● Task to carry out: Copy exactly, please, each line of the data below until the line that contains "pub entry : get_or" has been copied, beginning at the top.
────────────────
-- ===== src/Shm/Transfer/Calls.antt =====
-- `udo_shm_data_write` and `udo_shm_data_read` where nobody has to be waited for
use libcando.Base.{
  ℕ, ◌+◌, ◌/◌, ◌*◌, false, ◌<◌, ◌≤◌, ◌≡◌, refl, ◌≢◌, arith, false, none, some, get_or, ◌==◌, ltb,
  ok,
}
use libcando.Base.Memory.{Mem}
use libcando.Futex.{locked, unlocked}
use libcando.Shm.{Proc, Shm, Segment, eintr, put, check_proc_index}
use libcando.Shm.Transfer.{
  write_loop, read_loop, DataInfo, waits, done, runs_off, send, receive, write, read,
}
use libcando.Shm.Transfer.Copies.{Rounds}

-- The caller's index names the segment `p`, whose two futexes stand behind the counter.
pub record IsEntry (shm : Shm) (seg : Segment) (index : ℕ) (p : Proc) : Type 0 where
  pub admitted : index ≤ seg.words 0
  pub entry : get_or shm.procs index none ≡ some p
  pub rd_behind : 0 < p.rd_fux
  pub wr_behind : p.rd_fux < p.wr_fux

-- The rounds that both loops make
unfoldable pub rounds : ℕ → ℕ
rounds size = (size + 3) / 4

pub rounds-Rounds : (size : ℕ) → Rounds (rounds size) size 0 size
unfolding rounds
rounds-Rounds size = (omega arith, omega arith, omega arith)

pub send_free :
    (limit : ℕ) (p : Proc) (seg : Segment) (errno size : ℕ) (buffer : Mem)
    → p.data_off + 4 * rounds size ≤ limit
    → seg.words p.wr_fux ≡ unlocked
    → errno ≢ eintr
    → send limit (some p) seg errno size buffer
      ≡ ok (
          done
            (record {
              words = put (put seg.words p.wr_fux locked) p.rd_fux unlocked;
              bytes = write_loop size 0 size p.data_off seg.bytes buffer;
            })
            buffer)
unfolding send rounds
send_free limit p seg errno size buffer fits h n =
    let f : (errno == eintr) ≡ false = ground arith in
    let g : runs_off p limit size ≡ false = ground (arith, fits) in rw (send, h, f, g) refl

pub send_taken :
    (limit : ℕ) (p : Proc) (seg : Segment) (errno size : ℕ) (buffer : Mem)
    → seg.words p.wr_fux ≡ locked
    → send limit (some p) seg errno size buffer ≡ ok waits
unfolding send
send_taken limit p seg errno size buffer h = rw (send, h) refl

pub receive_free :
    (limit : ℕ) (p : Proc) (seg : Segment) (errno size : ℕ) (buffer : Mem)
    → p.data_off + 4 * rounds size ≤ limit
    → seg.words p.rd_fux ≡ unlocked
    → errno ≢ eintr
    → receive limit (some p) seg errno size buffer
      ≡ ok (
          done
            (record {
              words = put (put seg.words p.rd_fux locked) p.wr_fux unlocked;
              bytes = (read_loop size 0 size p.data_off seg.bytes buffer).0;
            })
            ((read_loop size 0 size p.data_off seg.bytes buffer).1))
unfolding receive rounds
receive_free limit p seg errno size buffer fits h n =
    let f : (errno == eintr) ≡ false = ground arith in
    let g : runs_off p limit size ≡ false = ground (arith, fits) in rw (receive, h, f, g) refl

pub receive_taken :
    (limit : ℕ) (p : Proc) (seg : Segment) (errno size : ℕ) (buffer : Mem)
    → seg.words p.rd_fux ≡ locked
    → receive limit (some p) seg errno size buffer ≡ ok waits
unfolding receive
receive_taken limit p seg errno size buffer h = rw (receive, h) refl

pub write-send :
    {shm : Shm} {seg : Segment} {p : Proc} (info : DataInfo) (errno : ℕ) (buffer : Mem)
    → IsEntry shm seg info.proc_index p
    → write shm seg errno info buffer ≡ send shm.data_sz (some p) seg errno info.size buffer
unfolding write check_proc_index
write-send {shm} {seg} {p} info errno buffer e =
    let f : ltb (seg.words 0) info.proc_index ≡ false = ground (arith, e.admitted) in
    rw (f, e.entry) refl

pub read-receive :
    {shm : Shm} {seg : Segment} {p : Proc} (info : DataInfo) (errno : ℕ) (buffer : Mem)
    → IsEntry shm seg info.proc_index p
    → read shm seg errno info buffer ≡ receive shm.data_sz (some p) seg errno info.size buffer
unfolding read check_proc_index
read-receive {shm} {seg} {p} info errno buffer e =
    let f : ltb (seg.words 0) info.proc_index ≡ false = ground (arith, e.admitted) in
    rw (f, e.entry) refl
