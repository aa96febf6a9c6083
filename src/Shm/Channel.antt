-- ===== src/Shm/Channel.antt =====
-- `udo_shm_data_write` and `udo_shm_data_read` on one entry by any number of processes, an access to
-- the shared memory at a time, while others attach by `udo_shm_create`. A process that waits for a
-- futex, or that an access behind the mapping has ended, is one that makes no step; Futex/Exclusion has the lock's own steps.
pub mod Inside
pub mod Moves
pub mod Fifo
pub mod Progress
pub mod Runs
pub mod Delivery
pub mod Ints
pub mod Stores
pub mod Loads
pub mod Whole
use libcando.Base.{
  Bool, true, ℕ, zero, ◌+◌, ◌-◌, ◌*◌, ◌%◌, ◌<◌, ◌≤◌, ◌≡◌, List, [], ◌∷◌, ◌++◌, length, get_or, ◌==◌,
  if◌then◌else◌,
}
use libcando.Futex.{locked, unlocked}
use libcando.Shm.{put}
use libcando.Shm.Transfer.Calls.{rounds}

-- The size that every call passes, the bytes from the segment's start to the end of the mapping,
-- whether processes attach meanwhile, and whether a call may find errno to be EINTR
pub record Use : Type 0 where
  pub size : ℕ
  pub room : ℕ
  pub attaches : Bool
  pub interrupts : Bool

-- The caller's data, an `int` each
abbrev pub Message : Type 0
Message = List ℕ

-- The entry's two futexes, and the segment's ints by their byte offset
pub record Shared : Type 0 where
  pub wr_fux : ℕ
  pub rd_fux : ℕ
  pub ints : ℕ → ℕ

-- Where a process stands; the loops' `s` is `4 * i`.
pub data Pc : Type 0 where
  out : Pc
  want_wr : Message → Pc  -- in `udo_futex_lock` of the write futex
  storing : (i : ℕ) → Message → Pc  -- before the loop's test
  stored : Message → Pc  -- before `udo_futex_unlock` of the read futex
  want_rd : Pc  -- in `udo_futex_lock` of the read futex
  loading : (i : ℕ) → (got : Message) → Pc  -- before the loop's test
  clearing : (i : ℕ) → (got : Message) → Pc  -- before `__atomic_clear`
  emptied : (got : Message) → Pc  -- before `udo_futex_unlock` of the write futex

abbrev pub store_int : Shared → ℕ → ℕ → Shared
store_int m off v = record m { ints = put m.ints off v }

-- `__atomic_clear` clears the lowest byte of an int.
abbrev pub clear_int : Shared → ℕ → Shared
clear_int m off = store_int m off (m.ints off - m.ints off % 256)

-- A step of one process, with the message that it has written and the one that it has read
pub data Move (u : Use) (m : Shared) : Pc → Shared → Pc → List Message → List Message → Type 0 where
  write : (msg : Message) → length msg ≡ rounds u.size → Move u m out m (want_wr msg) [] []
  lock_wr :
      {msg : Message}
      → m.wr_fux ≡ unlocked
      → Move u m (want_wr msg) (record m { wr_fux = locked }) (storing zero msg) [] []
  -- errno was EINTR, and -EINTR is returned.
  give_up_wr :
      {msg : Message}
      → u.interrupts ≡ true
      → m.wr_fux ≡ unlocked
      → Move u m (want_wr msg) (record m { wr_fux = locked }) out [] []
  store :
      {i : ℕ} {msg : Message}
      → 4 * i < u.size
      → 4 * i + 4 ≤ u.room
      → Move u m (storing i msg) (store_int m (4 * i) (get_or msg i 0)) (storing (i + 1) msg) [] []
  end_store :
      {i : ℕ} {msg : Message} → u.size ≤ 4 * i → Move u m (storing i msg) m (stored msg) [] []
  unlock_rd :
      {msg : Message} → Move u m (stored msg) (record m { rd_fux = unlocked }) out (msg ∷ []) []
  read : Move u m out m want_rd [] []
  lock_rd :
      m.rd_fux ≡ unlocked → Move u m want_rd (record m { rd_fux = locked }) (loading zero []) [] []
  give_up_rd :
      u.interrupts ≡ true
      → m.rd_fux ≡ unlocked
      → Move u m want_rd (record m { rd_fux = locked }) out [] []
  load :
      {i : ℕ} {got : Message}
      → 4 * i < u.size
      → 4 * i + 4 ≤ u.room
      → Move u m (loading i got) m (clearing i (got ++ (m.ints (4 * i) ∷ []))) [] []
  clear :
      {i : ℕ} {got : Message}
      → Move u m (clearing i got) (clear_int m (4 * i)) (loading (i + 1) got) [] []
  end_load :
      {i : ℕ} {got : Message} → u.size ≤ 4 * i → Move u m (loading i got) m (emptied got) [] []
  unlock_wr :
      {got : Message} → Move u m (emptied got) (record m { wr_fux = unlocked }) out [] (got ∷ [])
  -- The exchange of the read futex in `p_shm_create`; that of the write futex stores what it finds.
  attach :
      u.attaches ≡ true
      → Move u m out
          (record m { rd_fux = if m.rd_fux == unlocked then locked else m.rd_fux })
          out
          []
          []

-- The messages written and read, oldest first
pub record System : Type 0 where
  pub shared : Shared
  pub pc : ℕ → Pc
  pub written : List Message
  pub taken : List Message

abbrev pub update : (ℕ → Pc) → ℕ → Pc → ℕ → Pc
update pc i p j = if i == j then p else pc j

pub data Step (u : Use) (s : System) : System → Type 0 where
  moves :
      (k : ℕ) {m : Shared} {p : Pc} {ws rs : List Message}
      → Move u s.shared (s.pc k) m p ws rs
      → Step u s (record {
        shared = m;
        pc = update s.pc k p;
        written = s.written ++ ws;
        taken = s.taken ++ rs;
      })

-- The entry as the first `udo_shm_create` makes it, with the segment's ints at hand
abbrev pub init : (ℕ → ℕ) → System
init ints = record {
  shared = record { wr_fux = unlocked; rd_fux = locked; ints = ints };
  pc = λ k. out;
  written = [];
  taken = [];
}

pub data Reach (u : Use) (ints : ℕ → ℕ) : System → Type 0 where
  start : Reach u ints (init ints)
  later : {s t : System} → Reach u ints s → Step u s t → Reach u ints t
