-- ===== src/Shm/Channel/Inside.antt =====
-- What the process that is inside an entry may rely on, and how its steps keep that.
use libcando.Base.{
  ℕ, suc, ◌*◌, ◌<◌, ◌≤◌, ◌≡◌, Bool, true, false, List, [], ◌∷◌, ◌++◌, length, get_or, take,
}
use libcando.Futex.{locked, unlocked}
use libcando.Shm.Transfer.Calls.{rounds}
use libcando.Shm.Channel.{
  Use, Message, Shared, Pc, out, want_wr, storing, stored, want_rd, loading, clearing, emptied,
}

-- The process holds one of the two locks.
abbrev pub is_inside : Pc → Bool
is_inside out = false
is_inside (want_wr msg) = false
is_inside want_rd = false
is_inside p = true

module _ (u : Use) where
  -- The segment has the ints of a message from `i` on, or before `i`.
  abbrev pub From : ℕ → Message → Shared → Type 0
  From i msg m = (j : ℕ) → i ≤ j → j < rounds u.size → m.ints (4 * j) ≡ get_or msg j 0

  abbrev pub UpTo : ℕ → Message → Shared → Type 0
  UpTo i msg m = (j : ℕ) → j < i → m.ints (4 * j) ≡ get_or msg j 0

  -- All that was written was read, or all but one message.
  pub data Behind (ws rs : List Message) : Type 0 where
    none : ws ≡ rs → Behind ws rs
    one : (msg : Message) → ws ≡ rs ++ (msg ∷ []) → Behind ws rs

  -- What holds while nobody is inside
  pub data Quiet (m : Shared) (ws rs : List Message) : Type 0 where
    empty : m.wr_fux ≡ unlocked → m.rd_fux ≡ locked → ws ≡ rs → Quiet m ws rs
    full :
        (msg : Message)
        → m.wr_fux ≡ locked
        → m.rd_fux ≡ unlocked
        → ws ≡ rs ++ (msg ∷ [])
        → length msg ≡ rounds u.size
        → From 0 msg m
        → Quiet m ws rs
    stuck : m.wr_fux ≡ locked → m.rd_fux ≡ locked → Behind ws rs → Quiet m ws rs

  abbrev pub Both : Shared → Type 0
  Both m = (m.wr_fux ≡ locked) × (m.rd_fux ≡ locked)

  -- What holds while the process at this place is the only one that may be inside
  unfoldable pub Holds : Shared → List Message → List Message → Pc → Type 0
  Holds m ws rs (storing i msg) =
      Both m × (ws ≡ rs) × (length msg ≡ rounds u.size) × (i ≤ rounds u.size) × UpTo i msg m
  Holds m ws rs (stored msg) =
      Both m × (ws ≡ rs) × (length msg ≡ rounds u.size) × UpTo (rounds u.size) msg m
  Holds m ws rs (loading i got) =
      Both m
      × ((msg : Message) × (ws ≡ rs ++ (msg ∷ []))
          × (length msg ≡ rounds u.size)
          × (i ≤ rounds u.size)
          × From i msg m
          × (got ≡ take i msg))
  Holds m ws rs (clearing i got) =
      Both m
      × ((msg : Message) × (ws ≡ rs ++ (msg ∷ []))
          × (length msg ≡ rounds u.size)
          × (suc i ≤ rounds u.size)
          × From i msg m
          × (got ≡ take (suc i) msg))
  Holds m ws rs (emptied got) = Both m × (ws ≡ rs ++ (got ∷ []))
  Holds m ws rs p = Quiet m ws rs

  pub Holds-Both :
      (m : Shared) (ws rs : List Message) (p : Pc) → is_inside p ≡ true → Holds m ws rs p → Both m
  unfolding Holds
  Holds-Both m ws rs (storing i msg) o h = h.0
  Holds-Both m ws rs (stored msg) o h = h.0
  Holds-Both m ws rs (loading i got) o h = h.0
  Holds-Both m ws rs (clearing i got) o h = h.0
  Holds-Both m ws rs (emptied got) o h = h.0
  Holds-Both m ws rs p o h = absurd (cc o)

  pub Holds-Quiet :
      (m : Shared) (ws rs : List Message) (p : Pc)
      → is_inside p ≡ false
      → Holds m ws rs p
      → Quiet m ws rs
  unfolding Holds
  Holds-Quiet m ws rs out o h = h
  Holds-Quiet m ws rs (want_wr msg) o h = h
  Holds-Quiet m ws rs want_rd o h = h
  Holds-Quiet m ws rs p o h = absurd (cc o)

  pub Quiet-Holds :
      (m : Shared) (ws rs : List Message) (p : Pc)
      → is_inside p ≡ false
      → Quiet m ws rs
      → Holds m ws rs p
  unfolding Holds
  Quiet-Holds m ws rs out o h = h
  Quiet-Holds m ws rs (want_wr msg) o h = h
  Quiet-Holds m ws rs want_rd o h = h
  Quiet-Holds m ws rs p o h = absurd (cc o)

  Quiet-Behind : {m : Shared} {ws rs : List Message} → Quiet m ws rs → Behind ws rs
  Quiet-Behind (empty w r e) = none e
  Quiet-Behind (full msg w r e l c) = one msg e
  Quiet-Behind (stuck w r b) = b

  pub Holds-Behind : (m : Shared) (ws rs : List Message) (p : Pc) → Holds m ws rs p → Behind ws rs
  unfolding Holds
  Holds-Behind m ws rs (storing i msg) h = none h.1
  Holds-Behind m ws rs (stored msg) h = none h.1
  Holds-Behind m ws rs (loading i got) h = one h.1.0 h.1.1
  Holds-Behind m ws rs (clearing i got) h = one h.1.0 h.1.1
  Holds-Behind m ws rs (emptied got) h = one got h.1
  Holds-Behind m ws rs p h = Quiet-Behind h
────────────────
● Response area:
-- ===== src/Shm/Transfer/Calls.antt =====
-- `udo_shm_data_write` and `udo_shm_data_read` where nobody has to be waited for
use libcando.Base.{
  ℕ, ◌+◌, ◌/◌, ◌*◌, false, ◌<◌, ◌≤◌, ◌≡◌, refl, ◌≢◌, arith, false, none, some, get_or, ◌==◌, ltb,
  ok,
}
use libcando.Base.Memory.{Mem}
use libcando.Futex.{locked, unlocked}
use libcando.Shm.{Proc, Shm, Segment, eintr, put, check_proc_index}
use libcando.Shm.Transfer.{
  write_loop, read_loop, DataInfo, waits, done, runs_off, send, receive, write, read,
}
use libcando.Shm.Transfer.Copies.{Rounds}

-- The caller's index names the segment `p`, whose two futexes stand behind the counter.
pub record IsEntry (shm : Shm) (seg : Segment) (index : ℕ) (p : Proc) : Type 0 where
  pub admitted : index ≤ seg.words 0
  pub entry : get_or shm.procs index none ≡ some p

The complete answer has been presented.